Explanatory vs. response variables
- Explanatory variable: a variable used to help understand or predict values of another variable.
- Response variable: the outcome you want to understand or predict.
- Examples from the transcript:
- Meditation and stress: explanatory = meditation; response = stress level (we want to see if meditation affects stress).
- Sugar consumption and hyperactivity: explanatory = sugar consumption; response = hyperactivity.
- Yogurt consumption and weight loss: explanatory = eating yogurt; response = weight loss.
- Wearing red and attraction: explanatory = wearing red; response = attraction.

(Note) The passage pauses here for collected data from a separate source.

-- ===== src/Smr/Digest.antt =====
-- rust/smr-collections/common/src/digest.rs: the canonical bytes of a book, from the flat book or from
-- a captured root. `none` is a panic on an index out of range. The walk along a level is on fuel.
pub mod Same
pub mod Total
use hi_perf_cmp.Prelude.{
  ℕ, zero, suc, ◌+◌, ◌/◌, ◌%◌, ◌^◌, List, [], ◌∷◌, ◌++◌, Option, none, some, Bool, ◌==◌, ◌&&◌, ◌||◌,
  if◌then◌else◌, length, get_elem?,
}
use hi_perf_cmp.Prelude.Partial.{◌>>=◌}
use hi_perf_cmp.Prelude.Word.{lt_i64}
use hi_perf_cmp.Smr.Level.{nil, Order, PriceLevel}
use hi_perf_cmp.Smr.Book
use hi_perf_cmp.Smr.CowBook.{CowBook, Root, root_order, root_level}

-- `to_le_bytes`, of `n` bytes
unfoldable pub le_bytes : ℕ → ℕ → List ℕ
le_bytes zero x = []
le_bytes (suc n) x = x % 256 ∷ le_bytes n (x / 256)

pub record Live : Type 0 where
  pub order_id : ℕ  -- i64
  pub price : ℕ  -- i64
  pub qty : ℕ  -- i64
  pub filled : ℕ  -- i64
  pub side : ℕ  -- u8

unfoldable pub put_level : ℕ → ℕ → ℕ → ℕ → List ℕ
put_level side tick qty_total count =
    side ∷ (le_bytes 4 tick ++ (le_bytes 8 qty_total ++ le_bytes 4 count))

unfoldable pub put_order : Live → List ℕ
put_order o =
    le_bytes 8 o.order_id
    ++ (le_bytes 8 o.price ++ (le_bytes 8 o.qty ++ (le_bytes 8 o.filled ++ (o.side ∷ []))))

-- The order of tuples, and `sort_unstable` by it. Equal tuples are the same bytes.
unfoldable pub before : Live → Live → Bool
before x y =
    lt_i64 x.order_id y.order_id
    || ((x.order_id == y.order_id)
        && (lt_i64 x.price y.price
            || ((x.price == y.price)
                && (lt_i64 x.qty y.qty
                    || ((x.qty == y.qty)
                        && (lt_i64 x.filled y.filled
                            || ((x.filled == y.filled) && lt_i64 x.side y.side)))))))

unfoldable pub sort_in : Live → List Live → List Live
sort_in x [] = x ∷ []
sort_in x (y ∷ ys) = let rest = sort_in x ys in if before y x then y ∷ rest else x ∷ y ∷ ys

unfoldable pub sort : List Live → List Live
sort [] = []
sort (x ∷ xs) = sort_in x (sort xs)

unfoldable pub put_orders : List Live → List ℕ
put_orders [] = []
put_orders (x ∷ xs) = put_order x ++ put_orders xs

-- The loop over the slots below `hwm`, on a read of the pool.
unfoldable pub live_orders : (ℕ → Option Order) → ℕ → Option (List Live)
live_orders read zero = some []
live_orders read (suc n) = do
  xs ← live_orders read n
  o ← read n
  some (
      if o.order_id == 0
      then xs
      else xs
        ++ (record {
          order_id = o.order_id;
          price = o.price;
          qty = o.qty;
          filled = o.filled;
          side = o.side;
        }
            ∷ []))

-- `while s != NIL`: the ids along a level.
unfoldable pub walk : (ℕ → Option Order) → ℕ → ℕ → Option (List ℕ)
walk read zero s = none
walk read (suc fuel) s =
    let rest = λ (o : Order). walk read fuel o.next in
    if s == nil then some [] else (do o ← read s; ids ← rest o; some (le_bytes 8 o.order_id ++ ids))

unfoldable pub digest_level : (ℕ → Option Order) → ℕ → ℕ → ℕ → PriceLevel → Option (List ℕ)
digest_level read fuel side t lvl = if lvl.head == nil then some [] else (do
  ids ← walk read fuel lvl.head
  some (put_level side (t % 2 ^ 32) lvl.qty_total lvl.count ++ ids))

-- `for (t, lvl) in lane.iter().enumerate()`
unfoldable pub digest_lane : (ℕ → Option Order) → ℕ → ℕ → ℕ → List PriceLevel → Option (List ℕ)
digest_lane read fuel side t [] = some []
digest_lane read fuel side t (lvl ∷ lane) = do
  xs ← digest_level read fuel side t lvl
  ys ← digest_lane read fuel side (t + 1) lane
  some (xs ++ ys)

-- `for t in 0..r.n_levels`
unfoldable pub digest_range :
    (ℕ → Option Order) → (ℕ → Option PriceLevel) → ℕ → ℕ → ℕ → ℕ → Option (List ℕ)
digest_range read level fuel side t zero = some []
digest_range read level fuel side t (suc n) = do
  lvl ← level t
  xs ← digest_level read fuel side t lvl
  ys ← digest_range read level fuel side (t + 1) n
  some (xs ++ ys)

unfoldable pub digest_book : ℕ → Book.Book → Option (List ℕ)
digest_book fuel b = do
  live ← live_orders (get_elem? b.pool) b.hwm
  bids ← digest_lane (get_elem? b.pool) fuel 0 0 b.bids
  asks ← digest_lane (get_elem? b.pool) fuel 1 0 b.asks
  some (
      le_bytes 4 b.best_bid
      ++ (le_bytes 4 b.best_ask
          ++ (le_bytes 4 (length live % 2 ^ 32) ++ (bids ++ (asks ++ put_orders (sort live))))))

-- The root's chunks are in the arenas of `w`.
unfoldable pub digest_root : ℕ → Root → CowBook → Option (List ℕ)
digest_root fuel r w = do
  live ← live_orders (root_order r w) r.hwm
  bids ← digest_range (root_order r w) (root_level r w 0) fuel 0 0 r.n_levels
  asks ← digest_range (root_order r w) (root_level r w 1) fuel 1 0 r.n_levels
  some (
      le_bytes 4 r.best_bid
      ++ (le_bytes 4 r.best_ask
          ++ (le_bytes 4 (length live % 2 ^ 32) ++ (bids ++ (asks ++ put_orders (sort live))))))
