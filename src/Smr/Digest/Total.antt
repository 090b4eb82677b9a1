-- ===== src/Smr/Digest/Total.antt =====
-- Enough fuel for the digest of a well-formed book: the number of orders that ever arrived, and one.
use hi_perf_cmp.Prelude.{
  ℕ, zero, suc, ◌+◌, ◌<◌, ◌≤◌, ◌≡◌, ◌≢◌, refl, arith, List, [], ◌∷◌, Option, some, length,
  get_elem?, get_or, get_elem?-eq-get_or, lt_of_get_elem?, Bool-cases, inl, inr, ◌==◌,
}
use hi_perf_cmp.Smr.Level.{nil, Order, PriceLevel, zero_order, empty_level}
use hi_perf_cmp.Smr.Book.{Book, lane}
use hi_perf_cmp.Smr.Book.View.{view, Rests, Ghost, rests_lt}
use hi_perf_cmp.Smr.Book.InsertRuns.{IsBook}
use hi_perf_cmp.Smr.Digest.{live_orders, walk, digest_level, digest_lane, digest_book}

-- The code returns a value.
abbrev pub Returns : {A : Type 0} → Option A → Type 0
Returns {A} r = (a : A) × (r ≡ some a)

live_orders-Returns :
    (pool : List Order) (n : ℕ) → n ≤ length pool → Returns (live_orders (get_elem? pool) n)
unfolding live_orders
live_orders-Returns pool zero le = ([], refl)
live_orders-Returns pool (suc n) le =
    let (xs, e) = live_orders-Returns pool n (omega arith) in
    rw (e, get_elem?-eq-get_or pool n zero_order le) (_, refl)

module _ {g : Ghost} {b : Book} (w : IsBook g b) where
  walk-Returns :
      (fuel s : ℕ)
      → 0 < fuel
      → (s ≢ nil → Rests (view b) s × (g.clock < g.age s + fuel))
      → Returns (walk (get_elem? b.pool) fuel s)
  unfolding walk
  walk-Returns zero s pos h = absurd (omega arith)
  walk-Returns (suc fuel) s pos h = elim (Bool-cases (s == nil)) [
    | inl e ↦ ([], rw e refl)
    | inr e ↦
        let (r, close) = h (ground arith) in
        let o = (view b).at s in
        let lt : s < length b.pool = omega (arith, rests_lt w.links s r, w.links.hwm_le) in
        let (ids, p) =
          walk-Returns fuel o.next (omega (arith, w.links.age s r, close))
            (λ ne. let f = w.links.next s r ne in (f.0, omega (arith, f, close))) in
        rw (e, get_elem?-eq-get_or b.pool s zero_order lt, p) (_, refl)
  ]

  abbrev fuel : ℕ
  fuel = g.clock + 1

  digest_level-Returns :
      (side t : ℕ) (lvl : PriceLevel)
      → (lvl.head ≢ nil → Rests (view b) lvl.head)
      → Returns (digest_level (get_elem? b.pool) fuel side t lvl)
  unfolding digest_level
  digest_level-Returns side t lvl h = elim (Bool-cases (lvl.head == nil)) [
    | inl e ↦ ([], rw e refl)
    | inr e ↦
        let (ids, p) = walk-Returns fuel lvl.head (omega arith) (λ ne. (h ne, omega arith)) in
        rw (e, p) (_, refl)
  ]

  digest_lane-Returns :
      (side t : ℕ) (lvls : List PriceLevel)
      → ((u : ℕ) (lvl : PriceLevel)
          → get_elem? lvls u ≡ some lvl
          → lvl.head ≢ nil
          → Rests (view b) lvl.head)
      → Returns (digest_lane (get_elem? b.pool) fuel side t lvls)
  unfolding digest_lane
  digest_lane-Returns side t [] h = ([], refl)
  digest_lane-Returns side t (lvl ∷ lvls) h =
      let (xs, p) = digest_level-Returns side t lvl (h 0 lvl refl) in
      let (ys, q) = digest_lane-Returns side (t + 1) lvls (λ u. h (suc u)) in rw (p, q) (_, refl)

  heads :
      (side u : ℕ) (lvl : PriceLevel)
      → side < 2
      → get_elem? (lane side b) u ≡ some lvl
      → u < b.n_levels
      → lvl.head ≢ nil
      → Rests (view b) lvl.head
  heads side u lvl two e lt ne =
      let d : get_elem? (lane side b) u ≡ some (get_or (lane side b) u empty_level) =
        get_elem?-eq-get_or (lane side b) u empty_level (lt_of_get_elem? (lane side b) u e) in
      ground (arith, w.links.level_head side u)

  -- The digest of a well-formed book returns on fuel one above the number of orders that arrived.
  pub digest_book-Returns : Returns (digest_book (g.clock + 1) b)
  unfolding digest_book
  digest_book-Returns =
      let (live, p) = live_orders-Returns b.pool b.hwm w.links.hwm_le in
      let (bids, q) = digest_lane-Returns 0 0 b.bids (λ u lvl e.
        heads 0 u lvl (omega arith) e (omega (arith, lt_of_get_elem? b.bids u e, w.bids_length))) in
      let (asks, r) = digest_lane-Returns 1 0 b.asks (λ u lvl e.
        heads 1 u lvl (omega arith) e (omega (arith, lt_of_get_elem? b.asks u e, w.asks_length))) in
      rw (p, q, r) (_, refl)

- Note: the explanatory variable is not necessarily the one mentioned first in a research question; the roles depend on what you are trying to understand or predict.
Summary and practical implications
- Data are ubiquitous and can describe almost anything you study or observe.
- A dataset consists of variables measured on cases; variables can be categorical or quantitative.
- Proper interpretation depends on correctly identifying the cases and the variables, and recognizing that the same data can be framed differently depending on the research question.
- Practical implications include the need to be mindful of sample size (small samples can yield extreme results), data source quality, and the appropriate assignment of cases and variables when modeling relationships.
Quick reference formulas and numerical notes
- Data growth context: data volume doubles roughly every two years.
- Notation for the annual data magnitude mentioned: $7.2\times 10^{21}$ (7.2 zettabytes).
Study strategies emphasized in the transcript
- Use flashcards to learn vocabulary and notation.
- Review terms in both directions (term → definition and definition → term).
- Regularly mix up the deck to reinforce retrieval.
Real-world relevance
- Data-informed decision making spans virtually all disciplines and careers; understanding how to identify cases, variables, and the proper type of data is foundational for analyzing and interpreting information accurately.